Molecular docking, a widely used method in SBVS for retrieving active compounds from large databases, typically relies on a scoring function to estimate binding affinities between receptors and ligands. This docking-scoring approach is an efficient way to quickly evaluate protein–ligand interactions (PLIs) based on a ranking of putative ligand binding poses that is indicative of binding affinity.
The development of scoring functions (SFs) for binding affinity prediction has been evolving since the 90s and today includes classical SFs, such as physics-, regression-, and knowledge-based methods, and data-driven models, such as ML- and DL-based SFs.

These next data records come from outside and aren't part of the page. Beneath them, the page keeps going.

-- ===== src/Fallback.antt =====
-- internal/gateway/fallback: chains of targets, the router that runs a request against a chain, and
-- the load balancers that reorder it.
pub mod Balance
pub mod Router
use llm_router.Common.{String, List, [], ◌∷◌}
use llm_router.Common.Int.{ℤ, pos}

-- A provider and model in a fallback chain; weight 0 means equal weight.
pub record Target : Type 0 where
  pub provider : String
  pub model : String
  pub weight : ℤ

pub record Chain : Type 0 where
  pub name : String
  pub targets : List Target

unfoldable pub single_target : String → String → Chain
single_target provider_name model = record {
  name = provider_name;
  targets = record { provider = provider_name; model = model; weight = pos 0 } ∷ [];
}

However, accuracy is a key challenge with high-throughput approaches as binding affinity predictions are derived from a static snapshot of the protein-ligand binding state rather than the complex dynamics of the ensemble.
ML-based SFs perform significantly better than classical SFs in terms of comparative assessment of scoring functions (CASF) benchmarks and their ability to learn from PLI data and deal with non-linear relationships. But the predictions are based on approximations and data set biases rather than the interatomic dynamics that guide binding. The performance of ML-based SFs also depends on the similarity of targets across the training set and the test set, which makes generalisation a challenge.

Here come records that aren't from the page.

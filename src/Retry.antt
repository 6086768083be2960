-- ===== src/Retry.antt =====
-- internal/gateway/retry/policy.go and executor.go: retries with exponential backoff and jitter.
pub mod Laws
mod Tests
use llm_router.Common.{ℕ, zero, suc, ◌+◌, Bool, true, false, Option, none, some, ltb, if◌then◌else◌}
use llm_router.Common.Int.{ℤ, pos, negsuc}
use llm_router.Provider.Errors.{GatewayError, is_retryable, Error, as_gateway}

-- What the code takes from outside the repository: `float64` arithmetic, `rand.Float64`, and the
-- `select` on `ctx.Done()` and `time.After(delay)`, which answers the context's error if that comes
-- first. `W` is the state of the world that these read and change.
pub record Host (W : Type 0) : Type 1 where
  pub F : Type 0
  -- The constant num / den.
  pub literal : ℕ → ℕ → F
  pub add : F → F → F
  pub sub : F → F → F
  pub mul : F → F → F
  pub less : F → F → Bool
  -- `time.Duration(x)`.
  pub to_duration : F → ℤ
  pub random : W → F × W
  pub wait : ℕ → W → Option Error × W

-- Durations are in nanoseconds. A negative `MaxAttempts` acts as 0.
pub record RetryPolicy (F : Type 0) : Type 0 where
  pub max_attempts : ℕ
  pub initial_delay : ℕ
  pub max_delay : ℕ
  pub multiplier : F
  pub jitter_factor : F

unfoldable pub should_retry : Option Error → Bool
should_retry none = false
should_retry (some e) = elim (as_gateway e) [ none ↦ false | some g ↦ is_retryable g ]

-- `if result < 0 { result = 0 }`.
abbrev pub at_least_zero : ℤ → ℕ
at_least_zero (pos n) = n
at_least_zero (negsuc n) = 0

module _ {W : Type 0} (host : Host W) where
  open host use {F, literal, add, sub, mul, less, to_duration, random, wait}

  unfoldable pub default : RetryPolicy F
  default = record {
    max_attempts = 3;
    initial_delay = 500_000_000;
    max_delay = 30_000_000_000;
    multiplier = literal 2 1;
    jitter_factor = literal 1 4;
  }

  -- `for i := 0; i < attempt; i++ { delay *= p.Multiplier }`.
  unfoldable pub scale : ℕ → F → F → F
  scale zero m delay = delay
  scale (suc n) m delay = scale n m (mul delay m)

  -- `x` is the random number.
  unfoldable pub calc_backoff : RetryPolicy F → ℕ → F → ℕ
  unfolding scale
  calc_backoff p attempt x =
      let delay = scale attempt p.multiplier (literal p.initial_delay 1) in
      let capped = if less (literal p.max_delay 1) delay then literal p.max_delay 1 else delay in
      let jitter = mul (mul capped p.jitter_factor) (sub (mul (literal 2 1) x) (literal 1 1)) in
      at_least_zero (to_duration (add capped jitter))

  -- The Retry-After hint that an error carries, 0 if none.
  unfoldable pub hint : Option Error → ℕ
  hint none = 0
  hint (some e) = elim (as_gateway e) [ none ↦ 0 | some g ↦ g.retry_after ]

  unfoldable pub delay : RetryPolicy F → ℕ → Option Error → W → ℕ × W
  unfolding hint calc_backoff
  delay p attempt err w =
      let h = hint err in
      if ltb 0 h
      then (if ltb p.max_delay h then p.max_delay else h, w)
      else let (x, w') = random w in (calc_backoff p attempt x, w')

  -- The wait before an attempt; the context's error ends the loop.
  unfoldable pub pause : RetryPolicy F → ℕ → Option Error → W → Option Error × W
  unfolding delay
  pause p zero last w = (none, w)
  pause p (suc k) last w = let (d, w') = delay p k last w in wait d w'

  module _ (p : RetryPolicy F) (fn : W → Option Error × W) where
    -- The loop, with the attempts that are left and the number of those made.
    unfoldable pub attempts : ℕ → ℕ → Option Error → W → Option Error × W
    unfolding pause should_retry
    attempts zero made last w = (last, w)
    attempts (suc left) made last w =
        let (stopped, w₁) = pause p made last w in
        elim stopped [
          | some e ↦ (some e, w₁)
          | none ↦
              let (failed, w₂) = fn w₁ in
              elim failed [
                | none ↦ (none, w₂)
                | some e ↦ elim (should_retry (some e)) [
                  | true ↦ attempts left (made + 1) (some e) w₂
                  | false ↦ (some e, w₂)
                ]
              ]
        ]

    unfoldable pub execute : W → Option Error × W
    unfolding attempts
    execute w = attempts p.max_attempts 0 none w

DL-based SFs have demonstrated significant advantages, including feature generation automation and the ability to capture complex binding interactions, over traditional ML methods. Recently, a team of MIT researchers took the novel approach of framing molecular docking as a generative modelling problem to develop DiffDock, a new molecular docking model that delivers a much higher success rate (38%) than state-of-the-art of traditional docking (23%) and deep learning (20%) methods.
Molecular Dynamics Simulations
Since molecular docking methods only provide an initial static protein–ligand complex, molecular dynamics (MD) simulations have become the go-to approach for information on the dynamics of the target. MD simulations capture changes at the molecular and atomistic levels and play a critical role in elucidating intermolecular interactions that are essential to assess the stability of a protein-ligand complex.

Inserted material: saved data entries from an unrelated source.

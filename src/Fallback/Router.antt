-- ===== src/Fallback/Router.antt =====
-- internal/gateway/fallback/router.go: `Router.Execute` and `Router.ExecuteStream`. One request runs
-- with no other in between, so the breaker changes only by this request's own calls. Log lines are
-- left out.
pub mod Log
pub mod Calls
pub mod Result
pub mod Failover
mod Tests
use Prim.Native.String.{◌++◌ as str_append}
use llm_router.Common.{
  ℕ, ◌+◌, String, Bool, true, false, not, ◌&&◌, Option, none, some, List, [], ◌∷◌, ◌==◌,
  if◌then◌else◌,
}
use llm_router.Provider.Errors.{
  GatewayError, is_retryable, Error, other, wrapped, as_gateway, is_context,
}
use llm_router.CircuitBreaker.{Breaker, is_open, record_success, record_failure}
use llm_router.Retry.{Host, default, execute}
use llm_router.Fallback.{Target, Chain}

-- A call of a provider answers a response or an error.
pub data Answer (R : Type 0) : Type 0 where
  reply : R → Answer R
  failed : Error → Answer R

-- The providers and the world around the router: `registry.Get`, the providers' calls, the time,
-- and the `%q` of Go's formatting.
pub record Providers (W R : Type 0) : Type 1 where
  pub host : Host W
  pub registered : String → Bool
  pub call : String → String → W → Answer R × W
  pub now : W → ℕ
  pub quote : String → String

-- Whether an error warrants trying the next provider.
unfoldable pub is_fallback_error : Error → Bool
is_fallback_error e =
    if is_context e then false else elim (as_gateway e) [ some g ↦ is_retryable g | none ↦ true ]

-- What `Execute` returns: the response, the target and the error.
pub data Outcome (R : Type 0) : Type 0 where
  answered : Option R → Target → Outcome R
  rejected : Target → Error → Outcome R
  unavailable : Error → Outcome R

abbrev no_available : String → Error
no_available name =
    other (str_append "no available providers in chain " (str_append name " (all circuits open)"))

abbrev exhausted : String → Error → Error
exhausted name e = wrapped (str_append "all fallbacks exhausted for chain " name) e

abbrev stream_exhausted : String → Error → Error
stream_exhausted name e = wrapped (str_append "all stream fallbacks exhausted for chain " name) e

abbrev no_providers : String → Error
no_providers name = other (str_append "no providers in fallback chain " name)

-- The end of both loops: `tried` counts the targets that were called.
unfoldable pub conclude :
    {R : Type 0} → (String → Error → Error) → String → ℕ → Option Error → Outcome R
conclude spent name tried last =
    if tried == 0
    then unavailable (no_available name)
    else elim last [ some e ↦ unavailable (spent name e) | none ↦ unavailable (no_providers name) ]

-- `r.lb.Sort(targets)`; without a load balancer the chain's order stays. A balancer may use the
-- world: its counter, the random source, or measurements.
abbrev pub Balancer : Type 0 → Type 0
Balancer W = Option (List Target → W → List Target × W)

unfoldable pub sort_targets : {W : Type 0} → Balancer W → List Target → W → List Target × W
sort_targets none ts w = (ts, w)
sort_targets (some sort) ts w = sort ts w

module _ {W R : Type 0} (ps : Providers W R) where
  open ps use {host, registered, call, now, quote}

  -- The closure that `retry.Execute` runs: it leaves the response in a variable of the caller.
  unfoldable pub attempt : String → String → Option R × W → Option Error × (Option R × W)
  attempt provider model (_, w) =
      let (answer, w') = call provider model w in
      elim answer [ reply r ↦ (none, (some r, w')) | failed e ↦ (some e, (none, w')) ]

  -- The same host, with the caller's variable in its world.
  abbrev pub host_with_response : Host (Option R × W)
  host_with_response = record {
    F = host.F;
    literal = host.literal;
    add = host.add;
    sub = host.sub;
    mul = host.mul;
    less = host.less;
    to_duration = host.to_duration;
    random = λ s. let (x, w) = host.random s.1 in (x, (s.0, w));
    wait = λ d s. let (e, w) = host.wait d s.1 in (e, (s.0, w));
  }

  -- A provider's call with retries: the error, the response variable and the world.
  unfoldable pub call_with_retry : String → String → W → Option Error × (Option R × W)
  unfolding attempt
  call_with_retry provider model w =
      execute host_with_response (default host_with_response) (attempt provider model) (none, w)

  -- A provider's call for a stream, which is made once.
  unfoldable pub call_once : String → String → W → Option Error × (Option R × W)
  unfolding attempt
  call_once provider model w = attempt provider model (none, w)

  -- The loop over the targets, which `Execute` and `ExecuteStream` share: `run` calls a provider,
  -- and `spent` wraps the last error.
  module _ (run : String → String → W → Option Error × (Option R × W))
      (spent : String → Error → Error) (name : String) where
    unfoldable pub walk : List Target → ℕ → Option Error → Breaker → W → Outcome R × (Breaker × W)
    unfolding conclude
    walk [] tried last cb w = (conclude spent name tried last, (cb, w))
    walk (t ∷ ts) tried last cb w =
        let (blocked, cb₁) = is_open (now w) t.provider cb in
        elim (not blocked && registered t.provider) [
          | false ↦ walk ts tried last cb₁ w
          | true ↦
              let (err, s) = run t.provider t.model w in
              elim err [
                | none ↦ (answered s.0 t, (record_success t.provider cb₁, s.1))
                | some e ↦ elim (is_fallback_error e) [
                  | true ↦
                      walk ts (tried + 1) (some e) (record_failure (now s.1) t.provider cb₁) s.1
                  | false ↦ (rejected t e, (cb₁, s.1))
                ]
              ]
        ]

  unfoldable pub execute_chain : Balancer W → Chain → Breaker → W → Outcome R × (Breaker × W)
  unfolding sort_targets walk call_with_retry
  execute_chain lb chain cb w =
      let (ts, w') = sort_targets lb chain.targets w in
      walk call_with_retry exhausted (quote chain.name) ts 0 none cb w'

  unfoldable pub execute_stream : Balancer W → Chain → Breaker → W → Outcome R × (Breaker × W)
  unfolding sort_targets walk call_once
  execute_stream lb chain cb w =
      let (ts, w') = sort_targets lb chain.targets w in
      walk call_once stream_exhausted (quote chain.name) ts 0 none cb w'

There are, however, still several issues with this approach including accuracy-versus-efficiency trade-offs, computational complexity, large timescale requirements and errors due to the underlying force fields. ML techniques have helped address many of these challenges and have proven vital to the development of MD simulations for three reasons: objectivity in model selection, enhanced interpretability due to the statistically coherent representation of structure–function relationships, and the capability to generate quantitative, empirically-verifiable models for biological processes.
Deep learning methods are now emerging as an effective solution to dealing with the terabytes of dynamic biomolecular Big Data generated by MD simulations with other applications including the prediction of quantum-mechanical energies and forces, extraction of free energy surfaces and kinetics, and coarse-grained molecular dynamics.
Shifting the in silico paradigm with AI
A combination of in silico models and experimental approaches has become a central component of early-stage drug discovery, facilitating the faster generation of lead compounds at lower costs and with higher efficiency and accuracy. Advanced AI technologies are a key driver of disruption in in silico drug discovery and have helped address some of the limitations and challenges of conventional in silico approaches. At the same time, they are also shifting the paradigm with their capability to auto-generate novel drug-like molecules from scratch. By one estimate, AI/ML in early-stage drug development could result in an additional 50 novel therapies, a $50 billion market, over a 10-year period.